There’s a serious defence to be made of ignorance
With increasingly rapid technological change, there comes a new relationship to the future. Burke provides a brief survey of the work of the German sociologist Ulrich Beck, who argues that technological change now creates problems more rapidly than it solves them. We can’t calculate the risks that accompany progress because we can’t foresee the possible catastrophes lurking in the future. The future has always been unknown; never before has it been so terrifying.
After just two short paragraphs Burke returns to safer ground: “A study of risk from an anthropological point of view, published four years before Beck, offered a different perspective, suggesting that ‘The perception of risk is a social process’ and that each ‘type of society … focuses concern on particular dangers’, selected ‘to conform with a specific way of life.’” Thus, no sooner is an argument about irreversible historical change glimpsed than it is pushed to one side. An anodyne generalisation, which would be true about any society at any time in any place, is substituted for it.

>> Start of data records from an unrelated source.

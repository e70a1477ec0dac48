-- ===== src/WaitingRoom/System.antt =====
-- waitingroom/waitingroom.go: `n` requests over one WaitingRoom, interleaved in any order.
use peakshield.Prelude.{ℕ, ◌<◌, ◌≡◌, Option, none, some, List, [], ◌∷◌, ltb, if◌then◌else◌}
use peakshield.Prelude.Family.{put}
use peakshield.WaitingRoom.Room.{Room, Limits, new}
use peakshield.WaitingRoom.Goroutine.{Pc, arriving, Reply, Event, Outcome, move}

pub record System : Type 0 where
  pub room : Room
  pub pc : ℕ → Pc
  pub reply : ℕ → Option Reply  -- what the client of each request has got

unfoldable pub init : System
unfolding new
init = record { room = new; pc = λ _. arriving; reply = λ _. none }

-- A reply that was given stays.
abbrev pub keep_reply : Option Reply → Option Reply → Option Reply
keep_reply none old = old
keep_reply (some r) old = some r

abbrev pub after : System → ℕ → Outcome → System
after s i o = record {
  room = o.room;
  pc = put s.pc i o.next;
  reply = put s.reply i (keep_reply o.reply (s.reply i));
}

-- Goroutine `i` makes its next move.
unfoldable pub step : Limits → System → ℕ → Event → Option System
unfolding move
step c s i e = elim (move c i s.room e (s.pc i)) [ none ↦ none | some o ↦ some (after s i o) ]

-- The states that the first `n` requests can reach. Nothing moves from `n` on.
pub data Reach (n : ℕ) (c : Limits) : System → Type 0 where
  start : {s : System} → s ≡ init → Reach n c s
  later :
      {s t : System} (i : ℕ) (e : Event) → i < n → step c s i e ≡ some t → Reach n c s → Reach n c t

-- A turn that is not possible, or not of one of the first `n`, is passed over.
unfoldable pub turn : ℕ → Limits → System → ℕ → Event → System
unfolding step
turn n c s i e = if ltb i n then elim (step c s i e) [ none ↦ s | some t ↦ t ] else s

-- A schedule: who moves, and on which event.
unfoldable pub run : ℕ → Limits → System → List (ℕ × Event) → System
unfolding turn
run n c s [] = s
run n c s ((i, e) ∷ rest) = run n c (turn n c s i e) rest
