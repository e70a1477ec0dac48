-- ===== src/WaitingRoom/Invariant/Defs.antt =====
-- waitingroom/waitingroom.go: what each place of a goroutine contributes to the counters and to
-- the tickets, and the invariant.
use peakshield.Prelude.{ℕ, ◌+◌, ◌≤◌, ◌≡◌, length, count, ◌==◌, if◌then◌else◌}
use peakshield.Prelude.Int.{pos, ◌≤ℤ◌}
use peakshield.Prelude.Family.{sum_below}
use peakshield.WaitingRoom.Room.{Room, Limits}
use peakshield.WaitingRoom.Goroutine.{
  Pc, overloaded, offering, turned_away, parked, woken, serving, direct, sending, draining, drained,
  expired, abandoned,
}
use peakshield.WaitingRoom.System.{System}

-- Between the increment and the decrement of activeRequests.
abbrev pub in_flight : Pc → ℕ
in_flight overloaded = 1
in_flight (serving _) = 1
in_flight _ = 0

-- In next.ServeHTTP after the optimistic admission.
abbrev pub admitted_directly : Pc → ℕ
admitted_directly (serving direct) = 1
admitted_directly _ = 0

-- Between the increment and the decrement of queueDepth.
abbrev pub in_depth : Pc → ℕ
in_depth (offering _) = 1
in_depth (turned_away _) = 1
in_depth (parked _) = 1
in_depth (woken _) = 1
in_depth draining = 1
in_depth drained = 1
in_depth expired = 1
in_depth _ = 0

-- The own ticket was sent to the queue, and nothing was received from it yet.
abbrev pub outstanding : Pc → ℕ
outstanding (parked _) = 1
outstanding draining = 1
outstanding expired = 1
outstanding abandoned = 1
outstanding _ = 0

-- Holds the ticket `t` of the queue, to signal it.
abbrev pub holds : ℕ → Pc → ℕ
holds t (sending u) = if u == t then 1 else 0
holds t _ = 0

abbrev pub buffered : ℕ → Room → ℕ
buffered t m = if m.signaled t then 1 else 0

-- The places where ticket `t` is: in the queue, in the hands of a signalling goroutine, or
-- signalled with the signal not received.
abbrev places : ℕ → ℕ → System → ℕ
places n t s = count t s.room.queue + buffered t s.room + sum_below (holds t) n s.pc

pub record Inv (n : ℕ) (c : Limits) (s : System) : Type 0 where
  pub active : s.room.active_requests ≡ pos (sum_below in_flight n s.pc)
  pub depth : s.room.queue_depth ≡ pos (sum_below in_depth n s.pc)
  pub bounded : length s.room.queue ≤ c.queue_size
  pub breaker : pos (sum_below admitted_directly n s.pc) ≤ℤ c.max_concurrent
  pub tickets : (t : ℕ) → places n t s ≡ outstanding (s.pc t)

Half of Burke’s book is devoted to the consequences of ignorance, all of them bad. Burke can’t bring himself to take seriously the views of “a relatively small number of thinkers and writers who have dared to suggest that enthusiasm for knowledge (‘epistemophilia’) has its dangers whilst ignorance is bliss, or at least possesses a few advantages”.
There’s a serious argument to be made in defence of ignorance. The great 17th century sceptic Pierre Bayle argued that no one would choose to live their life over again if they knew just how it would turn out. In every life, he maintained, there is more pain than pleasure. What keeps us going is the illusion that things can only get better, when generally they go from bad to worse. It’s only ignorance, according to Bayle, that makes it possible for us to persist with our fundamentally miserable lives.
If few would choose life, even fewer would choose to know well in advance the hour of their death. Burke’s extraordinary learning, his commitment to a lifetime of profound scholarship, means that the blessings of ignorance are invisible to him. They find no place in this remarkable late work.